EXTRACTED INFORMATION

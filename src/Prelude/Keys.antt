-- ===== src/Prelude/Keys.antt =====
-- Tables whose rows have different keys.
use Prim.Native.Nat.{ℕ}
use mathlib.Core.Path.{◌≡◌, refl, sym, ap, subst, ◌∙◌}
use mathlib.Core.Logic.{inl, inr}
use mathlib.Core.Option.{none, some}
use mathlib.Core.List.{List, [], ◌∷◌, ◌++◌, Memᴰ}
use native.Mathlib.Omega.{arith}
use runbook_platform.Prelude.Tests.{◌==◌, nat_eq, eq_iff, eq_refl, Bool-cases, if◌then◌else◌}
use runbook_platform.Prelude.Tables.{
  Row, key_of, All, find_row, update_row, find_row-update_row, find_row-append_fresh,
}

module _ {ℓ} {A : Type ℓ} ⦃r : Row A⦄ where
  -- No two rows have the same key.
  unfoldable pub HasKeys : List A → Type ℓ
  HasKeys [] = Unit
  HasKeys (x ∷ xs) = (find_row (key_of x) xs ≡ none) × HasKeys xs

  update_row-absent :
      (k : ℕ) (f : A → A) (xs : List A) → find_row k xs ≡ none → update_row k f xs ≡ xs
  unfolding find_row update_row
  update_row-absent k f [] h = refl
  update_row-absent k f (x ∷ xs) h = ground (arith, h, update_row-absent k f xs)

  pub update_row-HasKeys :
      (k : ℕ) (f : A → A) (xs : List A)
      → ((x : A) → key_of (f x) ≡ key_of x)
      → HasKeys xs
      → HasKeys (update_row k f xs)
  unfolding HasKeys update_row
  update_row-HasKeys k f [] keeps h = tt
  update_row-HasKeys k f (x ∷ xs) keeps h = (head, update_row-HasKeys k f xs keeps h.1)
    where
      kept : key_of (if key_of x == k then f x else x) ≡ key_of x
      kept = elim (Bool-cases (key_of x == k)) [ inl e ↦ rw e (keeps x) | inr e ↦ rw e refl ]

      head : find_row (key_of (if key_of x == k then f x else x)) (update_row k f xs) ≡ none
      head =
          rw (kept, find_row-update_row (key_of x) k f xs keeps, h.0)
            (elim (Bool-cases (k == key_of x)) [ inl e ↦ rw e refl | inr e ↦ rw e refl ])

  pub append-HasKeys :
      (xs : List A) (x : A) → find_row (key_of x) xs ≡ none → HasKeys xs → HasKeys (xs ++ x ∷ [])
  unfolding HasKeys find_row
  append-HasKeys [] x h k = (refl, tt)
  append-HasKeys (y ∷ xs) x h k = elim (Bool-cases (key_of y == key_of x)) [
    | inl e ↦ absurd (ground (arith, h, e))
    | inr e ↦ (
      rw (find_row-append_fresh (key_of y) xs x (ground (arith, h, e)), k.0)
          (elim (Bool-cases (key_of x == key_of y)) [
            | inl d ↦ absurd (ground (arith, d, e))
            | inr d ↦ rw d refl
          ]),
      append-HasKeys xs x (ground (arith, h, e)) k.1,
    )
  ]

  pub All-append_one {κ} :
      (P : A → Type κ) (xs : List A) (x : A) → P x → All P xs → All P (xs ++ x ∷ [])
  All-append_one P [] x h k = (h, tt)
  All-append_one P (y ∷ xs) x h k = (k.0, All-append_one P xs x h k.1)

  -- A write to a row that is found keeps what all rows have, if the new row has it.
  pub All-update_row {κ} :
      (P : A → Type κ) (k : ℕ) (f : A → A) (xs : List A) (x : A)
      → HasKeys xs
      → find_row k xs ≡ some x
      → P (f x)
      → All P xs
      → All P (update_row k f xs)
  unfolding HasKeys find_row update_row
  All-update_row P k f [] x keys found new h = tt
  All-update_row P k f (y ∷ ys) x keys found new h = elim (Bool-cases (key_of y == k)) [
    | inl e ↦
        rw (e, update_row-absent k f ys (rw (sym ((eq_iff (key_of y) k).0 e)) keys.0))
          (subst (λ z. P (f z)) (sym (ground (arith, found, e))) new, h.1)
    | inr e ↦ rw e (h.0, All-update_row P k f ys x keys.1 (ground (arith, found, e)) new h.1)
  ]

  pub All-find_row {κ} :
      (P : A → Type κ) (k : ℕ) (xs : List A) (x : A) → find_row k xs ≡ some x → All P xs → P x
  unfolding find_row
  All-find_row P k [] x found h = absurd (ground (arith, found))
  All-find_row P k (y ∷ ys) x found h = elim (Bool-cases (key_of y == k)) [
    | inl e ↦ subst P (ground (arith, found, e)) h.0
    | inr e ↦ All-find_row P k ys x (ground (arith, found, e)) h.1
  ]

  -- A row of the table is what its key finds.
  pub find_row-Memᴰ :
      (xs : List A) (x : A) → HasKeys xs → Memᴰ x xs → find_row (key_of x) xs ≡ some x
  unfolding HasKeys find_row
  find_row-Memᴰ [] x h m = elim m [ ]
  find_row-Memᴰ (y ∷ ys) x h (Memᴰ.head e) = rw (e, eq_refl (key_of y)) refl
  find_row-Memᴰ (y ∷ ys) x h (Memᴰ.tail m) =
      let found = find_row-Memᴰ ys x h.1 m in
      elim (Bool-cases (key_of y == key_of x)) [
        | inl e ↦
            let lost : find_row (key_of x) ys ≡ none =
              ap (λ k. find_row k ys) (sym ((eq_iff (key_of y) (key_of x)).0 e)) ∙ h.0 in
            absurd (ground (arith, found, lost))
        | inr e ↦ rw (e, found) refl
      ]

THE PROBLEM
All lines above from the line with "All-append_one P (y" through the line with "-- A row of", both included, are to be set down exactly, with nothing else.

EXERCISE RESULT
  All-append_one P (y ∷ xs) x h k = (k.0, All-append_one P xs x h k.1)

  -- A write to a row that is found keeps what all rows have, if the new row has it.
  pub All-update_row {κ} :
      (P : A → Type κ) (k : ℕ) (f : A → A) (xs : List A) (x : A)
      → HasKeys xs
      → find_row k xs ≡ some x
      → P (f x)
      → All P xs
      → All P (update_row k f xs)
  unfolding HasKeys find_row update_row
  All-update_row P k f [] x keys found new h = tt
  All-update_row P k f (y ∷ ys) x keys found new h = elim (Bool-cases (key_of y == k)) [
    | inl e ↦
        rw (e, update_row-absent k f ys (rw (sym ((eq_iff (key_of y) k).0 e)) keys.0))
          (subst (λ z. P (f z)) (sym (ground (arith, found, e))) new, h.1)
    | inr e ↦ rw e (h.0, All-update_row P k f ys x keys.1 (ground (arith, found, e)) new h.1)
  ]

  pub All-find_row {κ} :
      (P : A → Type κ) (k : ℕ) (xs : List A) (x : A) → find_row k xs ≡ some x → All P xs → P x
  unfolding find_row
  All-find_row P k [] x found h = absurd (ground (arith, found))
  All-find_row P k (y ∷ ys) x found h = elim (Bool-cases (key_of y == k)) [
    | inl e ↦ subst P (ground (arith, found, e)) h.0
    | inr e ↦ All-find_row P k ys x (ground (arith, found, e)) h.1
  ]

  -- A row of the table is what its key finds.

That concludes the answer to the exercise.